Late last year, Intel (NASDAQ:INTC) detailed its CPU-oriented 14-nanometer semiconductor logic manufacturing technology at the International Electron Devices Meeting, or IEDM. At the VLSI Symposium earlier this month, Intel detailed the system-on-chip variant of this 14-nanometer process aimed at a wide variety of applications ranging from cellular basebands and radio-frequency chips to tablet and smartphone applications processors.

In this article, I'll address the technology described in Intel's paper and give the reader a sense of how this technology compares to Intel's older 22-nanometer technology and, in some cases, against competing 14/16-nanometer technologies.

More transistor options, better transistors
To support the broad range of applications the company is targeting with this process, Intel has made a number of additions and changes from the CPU process. For example, the technology now includes high-voltage input/output transistors that Intel said raises the "voltage ceiling" to 3.3 volts.

Even when a transistor is "off" (a popular analogy used to describe transistors is as "on/off" switches), it still consumes power. EE Times described leakage current as a "phenomenon that causes transistors to consume power during their off state." So it's no surprise that for applications such as smartphone applications processors, lower leakage transistors are necessary.

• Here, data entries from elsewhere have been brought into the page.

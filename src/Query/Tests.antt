-- ===== src/Query/Tests.antt =====
-- Queries of a value with an owner.
use opendht.Prelude.{ℕ, ◌≡◌, refl, true, false, [], ◌∷◌, some}
use opendht.Hash.{Hash}
use opendht.Value.{Value}
use opendht.Filter.{passes}
use opendht.Query.{id, seq_num, owner_pk, FieldValue, Query, get_filter, satisfied}
use opendht.Query.Satisfied.{satisfied-passes}

abbrev key_hash : ℕ → Hash
key_hash k = k ∷ 1 ∷ []

abbrev owned : Value
owned = record {
  ref = 1;
  id = 7;
  owner = some 5;
  type = 0;
  body = [];
  user_type = [];
  seq = 3;
  signature = [];
  cypher = [];
  push_type = [];
}

abbrev by_owner : FieldValue
by_owner = record { field = owner_pk; int_value = 0; hash_value = 5 ∷ 1 ∷ []; blob_value = [] }

abbrev by_seq : FieldValue
by_seq = record { field = seq_num; int_value = 3; hash_value = 0 ∷ 0 ∷ []; blob_value = [] }

abbrev narrow : Query
narrow = record { selection = id ∷ []; restriction = by_owner ∷ by_seq ∷ []; any = false }

abbrev wide : Query
wide = record { selection = seq_num ∷ id ∷ []; restriction = by_seq ∷ []; any = false }

narrow-satisfied : satisfied narrow wide ≡ true
unfolding satisfied
narrow-satisfied = refl

wide-satisfied : satisfied wide narrow ≡ false
unfolding satisfied
wide-satisfied = refl

satisfied-passes_example : passes (get_filter key_hash wide.restriction) owned ≡ true
unfolding satisfied get_filter passes
satisfied-passes_example =
    satisfied-passes key_hash 2 narrow wide owned (refl, (refl, tt)) (refl, tt) refl refl refl
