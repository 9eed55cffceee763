-- ===== src/RateLimiter.antt =====
-- include/opendht/rate_limiter.h: `RateLimiter`, a sliding window of the times of admitted calls.
pub mod Window
mod Tests
use opendht.Prelude.{
  ℕ, ◌+◌, ◌-◌, ◌≤◌, Bool, true, false, List, [], ◌∷◌, ◌++◌, ltb, leb, ◌==◌, if◌then◌else◌, length,
}
use opendht.Time.{TimePoint, Duration}

-- std::numeric_limits<size_t>::max(): no limit.
abbrev pub unlimited : ℕ
unlimited = 18446744073709551615

-- `records` is the queue, its front first.
pub record RateLimiter : Type 0 where
  pub quota : ℕ
  pub period : Duration
  pub records : List TimePoint

-- `while (not records.empty() and records.front() < limit) records.pop();`
unfoldable pub pop_before : TimePoint → List TimePoint → List TimePoint
pop_before limit [] = []
pop_before limit (t ∷ ts) = elim (ltb t limit) [ true ↦ pop_before limit ts | false ↦ t ∷ ts ]

unfoldable pub maintain : RateLimiter → TimePoint → RateLimiter × ℕ
maintain r now =
    let left = pop_before (now - r.period) r.records in (record r { records = left }, length left)

-- `limit` of the source: the limiter after the call, and whether the call is admitted.
unfoldable pub limit : RateLimiter → TimePoint → RateLimiter × Bool
unfolding maintain
limit r now =
    if r.quota == unlimited
    then (r, true)
    else let (r', used) = maintain r now in
      if leb r'.quota used
      then (r', false)
      else (record r' { records = r'.records ++ now ∷ [] }, true)

-- A history of calls: the times of those that are admitted.
unfoldable pub admitted : RateLimiter → List TimePoint → List TimePoint
admitted r [] = []
admitted r (now ∷ ts) =
    let (r', ok) = limit r now in let rest = admitted r' ts in if ok then now ∷ rest else rest

-- Calls at times that do not fall, from `now` on.
abbrev pub Ascending : TimePoint → List TimePoint → Type 0
Ascending now [] = Unit
Ascending now (t ∷ ts) = (now ≤ t) × Ascending t ts

-- How many of the times lie in a window.
abbrev pub count_in : TimePoint → TimePoint → List TimePoint → ℕ
count_in lo hi [] = 0
count_in lo hi (t ∷ ts) = (if leb lo t then if leb t hi then 1 else 0 else 0) + count_in lo hi ts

According to Intel, the 14-nanometer system-on-chip process includes much lower-leakage transistors that "lower the leakage floor" of the technology by "three orders of magnitudes [sic]."

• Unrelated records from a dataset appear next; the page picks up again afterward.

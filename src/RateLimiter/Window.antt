-- ===== src/RateLimiter/Window.antt =====
-- No window of the limiter's period holds more admitted calls than the quota.
use opendht.Prelude.{
  ℕ, ◌+◌, ◌-◌, ◌<◌, ◌≤◌, ◌≡◌, ◌≢◌, refl, false, List, [], ◌∷◌, ◌++◌, arith, ltb, if◌then◌else◌,
  length, length-append, inl, inr, Bool-cases, ltb→lt, ◌⊎◌, All,
}
use opendht.Time.{TimePoint}
use opendht.RateLimiter.{
  RateLimiter, unlimited, pop_before, maintain, limit, admitted, Ascending, count_in,
}

count_in-append :
    (lo hi : ℕ) (xs ys : List ℕ) → count_in lo hi (xs ++ ys) ≡ count_in lo hi xs + count_in lo hi ys
count_in-append lo hi [] ys = omega arith
count_in-append lo hi (x ∷ xs) ys = omega (arith, count_in-append lo hi xs ys)

count_in-le-length : (lo hi : ℕ) (xs : List ℕ) → count_in lo hi xs ≤ length xs
count_in-le-length lo hi [] = omega arith
count_in-le-length lo hi (x ∷ xs) = ground (arith, count_in-le-length lo hi xs)

-- What `maintain` drops lies before the limit.
count_in-pop_before :
    (lo hi n : ℕ) (xs : List ℕ) → n ≤ lo → count_in lo hi (pop_before n xs) ≡ count_in lo hi xs
unfolding pop_before
count_in-pop_before lo hi n [] h = refl
count_in-pop_before lo hi n (x ∷ xs) h = ground (arith, count_in-pop_before lo hi n xs h)

length-pop_before-le : (n : ℕ) (xs : List ℕ) → length (pop_before n xs) ≤ length xs
unfolding pop_before
length-pop_before-le n [] = omega arith
length-pop_before-le n (x ∷ xs) = ground (arith, length-pop_before-le n xs)

-- After a call the records are within the quota.
pub limit_bounded :
    (r : RateLimiter) (now : TimePoint)
    → r.quota ≢ unlimited
    → length r.records ≤ r.quota
    → length (limit r now).0.records ≤ (limit r now).0.quota
unfolding limit
limit_bounded r now q h = ground (
  arith,
  length-pop_before-le (now - r.period) r.records,
  length-append (pop_before (now - r.period) r.records) (now ∷ []),
)

limit_keeps :
    (r : RateLimiter) (now : TimePoint)
    → ((limit r now).0.quota ≡ r.quota) × ((limit r now).0.period ≡ r.period)
unfolding limit
limit_keeps r now = ground arith

admitted_late :
    (r : RateLimiter) (now lo hi : TimePoint) (ts : List TimePoint)
    → hi < now
    → Ascending now ts
    → count_in lo hi (admitted r ts) ≡ 0
unfolding admitted
admitted_late r now lo hi [] h p = refl
admitted_late r now lo hi (t ∷ ts) h p = ground (arith, admitted_late (limit r t).0 t lo hi ts)

-- A call inside the window moves into the records what it admits, and drops nothing of the window.
limit_counts :
    (r : RateLimiter) (now lo : TimePoint)
    → now ≤ lo + r.period
    → count_in lo (lo + r.period) (limit r now).0.records
        ≡ count_in lo (lo + r.period) r.records
          + (if (limit r now).1 then count_in lo (lo + r.period) (now ∷ []) else 0)
      ⊎ (r.quota ≡ unlimited)
unfolding limit maintain
limit_counts r now lo h = ground (
  arith,
  count_in-pop_before lo (lo + r.period) (now - r.period) r.records,
  count_in-append lo (lo + r.period) (pop_before (now - r.period) r.records) (now ∷ []),
)

-- In every window of one period, closed at both ends, the calls that are admitted and the records
-- that the limiter began with are at most `quota`, whatever the calls, at times that do not fall.
pub admitted_window :
    (r : RateLimiter) (start lo : TimePoint) (ts : List TimePoint)
    → r.quota ≢ unlimited
    → length r.records ≤ r.quota
    → Ascending start ts
    → count_in lo (lo + r.period) r.records + count_in lo (lo + r.period) (admitted r ts) ≤ r.quota
unfolding admitted
admitted_window r start lo [] q h p = omega (arith, count_in-le-length lo (lo + r.period) r.records)
admitted_window r start lo (now ∷ ts) q h p = elim (Bool-cases (ltb (lo + r.period) now)) [
  | inl late ↦ ground (
    arith,
    count_in-le-length lo (lo + r.period) r.records,
    admitted_late (limit r now).0 now lo (lo + r.period) ts (ltb→lt _ _ late) p.1,
  )
  | inr inside ↦ ground (
    arith,
    limit_counts r now lo,
    limit_keeps r now,
    limit_bounded r now q h,
    admitted_window (limit r now).0 now lo ts,
  )
]

length-count_in :
    (lo n hi : ℕ) (xs : List ℕ)
    → n ≤ lo
    → Ascending lo xs
    → All (λ t. t ≤ hi) xs
    → length xs ≡ count_in n hi xs
length-count_in lo n hi [] h p q = refl
length-count_in lo n hi (x ∷ xs) h p q =
    ground (arith, length-count_in x n hi xs (omega arith) p.1 q.1)

length-pop_before :
    (lo n hi : ℕ) (xs : List ℕ)
    → Ascending lo xs
    → All (λ t. t ≤ hi) xs
    → length (pop_before n xs) ≡ count_in n hi xs
unfolding pop_before
length-pop_before lo n hi [] p q = refl
length-pop_before lo n hi (x ∷ xs) p q =
    ground (arith, length-pop_before x n hi xs p.1 q.1, length-count_in x n hi xs)

-- A call is refused only where the records of the last period, `now` included, have reached the quota;
-- the records stand in the order of their times, none later than `now`.
pub limit_refused :
    (r : RateLimiter) (now : TimePoint)
    → Ascending 0 r.records
    → All (λ t. t ≤ now) r.records
    → (limit r now).1 ≡ false
    → r.quota ≤ count_in (now - r.period) now r.records
unfolding limit
limit_refused r now p q e = ground (arith, length-pop_before 0 (now - r.period) now r.records p q)
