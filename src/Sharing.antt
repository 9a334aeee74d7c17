-- ===== src/Sharing.antt =====
-- app/domain/sharing/models.py: links that let an outsider see documents of a contract. Times are
-- seconds, `now` is the value of utcnow(), and `token` that of secrets.token_urlsafe(32).
pub mod Access
mod Examples
use orchestract.Common.{
  ◌>>◌, ℕ, ◌+◌, Bool, true, false, not, ◌&&◌, Option, none, some, List, [], ◌∷◌, ltb, ◌==◌,
  if◌then◌else◌, any, filter, Text, text, is_empty, Result, ok, raise_if, no_shared_documents,
}
use orchestract.Passwords
use orchestract.Passwords.{Bytes, Scrypt, hash_password}

pub data ShareScope : Type 0 where
  contract documents : ShareScope

-- The rows of ShareLinkDocument are the document ids that they name.
pub record ShareLink : Type 0 where
  pub id : Option ℕ
  pub contract_id : ℕ
  pub token : Text
  pub scope : ShareScope
  pub password_hash : Option Text
  pub allow_download : Bool
  pub created_by : Text
  pub expires_at : ℕ
  pub revoked_at : Option ℕ
  pub last_accessed_at : Option ℕ
  pub document_ids : List ℕ

abbrev pub member : ℕ → List ℕ → Bool
member n = any (λ m. m == n)

-- list(dict.fromkeys(ids)): each id once, at its first place
unfoldable pub unique : List ℕ → List ℕ
unique [] = []
unique (n ∷ ns) = n ∷ filter (λ m. not (m == n)) (unique ns)

abbrev pub is_documents : ShareScope → Bool
is_documents contract = false
is_documents documents = true

-- not ids
abbrev pub no_ids : List ℕ → Bool
no_ids [] = true
no_ids (_ ∷ _) = false

-- `raw_password` is none for Python's None; the empty text sets no password either.
unfoldable pub hash_of : Scrypt → Bytes → Option Text → Option Text
hash_of scrypt salt none = none
hash_of scrypt salt (some raw) = if is_empty raw then none else some (hash_password scrypt salt raw)

-- ShareLink.issue
unfoldable pub issue :
    Scrypt
    → Bytes
    → Text
    → ℕ
    → ℕ
    → ShareScope
    → Bool
    → ℕ
    → Text
    → List ℕ
    → Option Text
    → Result ShareLink
unfolding unique hash_of
issue scrypt salt token now contract_id scope allow_download ttl created_by document_ids
      raw_password =
    let ids = unique document_ids in
    do
      raise_if (is_documents scope && no_ids ids) no_shared_documents
      ok (record {
        id = none;
        contract_id = contract_id;
        token = token;
        scope = scope;
        password_hash = hash_of scrypt salt raw_password;
        allow_download = allow_download;
        created_by = created_by;
        expires_at = now + ttl;
        revoked_at = none;
        last_accessed_at = none;
        document_ids = if is_documents scope then ids else [];
      })

abbrev pub has_password : ShareLink → Bool
has_password l = elim l.password_hash [ none ↦ false | some _ ↦ true ]

unfoldable pub is_active : ℕ → ShareLink → Bool
is_active now l = elim l.revoked_at [ none ↦ true | some _ ↦ false ] && ltb now l.expires_at

unfoldable pub verify_password : Scrypt → Text → ShareLink → Bool
verify_password scrypt raw_password l = elim l.password_hash [
  | none ↦ true
  | some encoded ↦ Passwords.verify_password scrypt raw_password encoded
]

-- None stands for every document of the contract.
unfoldable pub allowed_document_ids : ShareLink → Option (List ℕ)
allowed_document_ids l = if is_documents l.scope then some l.document_ids else none

unfoldable pub allows_document : ℕ → ShareLink → Bool
unfolding allowed_document_ids
allows_document document_id l = elim (allowed_document_ids l) [
  | none ↦ true
  | some ids ↦ member document_id ids
]

unfoldable pub revoke : ℕ → ShareLink → ShareLink
revoke now l = elim l.revoked_at [ none ↦ record l { revoked_at = some now } | some _ ↦ l ]

unfoldable pub record_access : ℕ → ShareLink → ShareLink
record_access now l = record l { last_accessed_at = some now }
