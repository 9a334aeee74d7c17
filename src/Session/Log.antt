-- ===== src/Session/Log.antt =====
-- A table whose rows are only added, found and deleted: sessions, mailed tokens and consents.
use orchestract.Common.{
  ◌+◌, ◌≡◌, refl, sym, ap, ◌∙◌, subst, Bool, not, ◌&&◌, Option, some, List, [], ◌∷◌, Memᴰ, arith,
  filter,
}
use orchestract.Session.{count, one_if}

pub record Log (S A : Type 0) : Type 0 where
  pub rows : S → List A
  -- session.add(object) and flush(); none where a constraint is violated
  pub add : A → S → Option S
  -- delete(Model).where(p)
  pub delete : (A → Bool) → S → S

module _ {S A : Type 0} (t : Log S A) where
  open t use {rows, add, delete}

  pub record IsLawfulLog : Type 0 where
    pub mem-add : (s s' : S) (a : A) → add a s ≡ some s' → Memᴰ a (rows s')
    pub count-add :
        (p : A → Bool) (s s' : S) (a : A)
        → add a s ≡ some s'
        → count p (rows s') ≡ count p (rows s) + one_if (p a)
    pub count-delete :
        (p q : A → Bool) (s : S)
        → count p (rows (delete q s)) ≡ count (λ a. p a && not (q a)) (rows s)

module _ {S A : Type 0} (view : S → List A) (put : List A → S → S) where
  -- A list of the state, to which rows are added in front.
  unfoldable pub log : Log S A
  log = record {
    rows = view;
    add = λ a s. some (put (a ∷ view s) s);
    delete = λ q s. put (filter (λ a. not (q a)) (view s)) s;
  }

  count-filter :
      (p q : A → Bool) (xs : List A)
      → count p (filter (λ a. not (q a)) xs) ≡ count (λ a. p a && not (q a)) xs
  unfolding count filter
  count-filter p q [] = refl
  count-filter p q (x ∷ xs) = ground (arith, count-filter p q xs)

  pub log-IsLawfulLog : ((l : List A) (s : S) → view (put l s) ≡ l) → IsLawfulLog log
  unfolding log count filter
  log-IsLawfulLog h = record {
    mem-add = λ s s' a e.
        subst (Memᴰ a)
          (sym (ap view (let q : s' ≡ put (a ∷ view s) s = ground arith in q) ∙ h (a ∷ view s) s))
          (Memᴰ.head refl);
    count-add = λ p s s' a e.
        let q : s' ≡ put (a ∷ view s) s = ground arith in
        ap (λ x. count p (view x)) q ∙ ap (count p) (h (a ∷ view s) s) ∙ ground arith;
    count-delete =
        λ p q s. ap (count p) (h (filter (λ a. not (q a)) (view s)) s) ∙ count-filter p q (view s);
  }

The process supports high-speed logic transistors (the kinds used in traditional high-performance CPUs) and low-power logic transistors, as well as the high-voltage I/O transistors mentioned above. All three transistor flavors appear to deliver significant drive current improvements over their 22-nanometer counterparts.

A focus on density for SoCs
Unlike high-performance CPUs, where performance is the key focus, transistor density is crucial for highly integrated system-on-chip products, even if it comes at the expense of peak performance. According to the Intel paper, CPU technologies "emphasize lower [resistance capacitance] through wide interconnects"; the system-on-chip technology that Intel is describing is focused on density (at the expense of higher RC, and this lower interconnect performance).

Source: Intel.

On the left in the image above is a CPU interconnect stack, while a system-on-chip interconnect stack is on the right. The CPU interconnect stack has fewer of the finer pitch metal layers (which enable better density) and several very thick layers. In contrast, the system-on-chip interconnect has many of the very fine pitch metal layers to enable significantly better density.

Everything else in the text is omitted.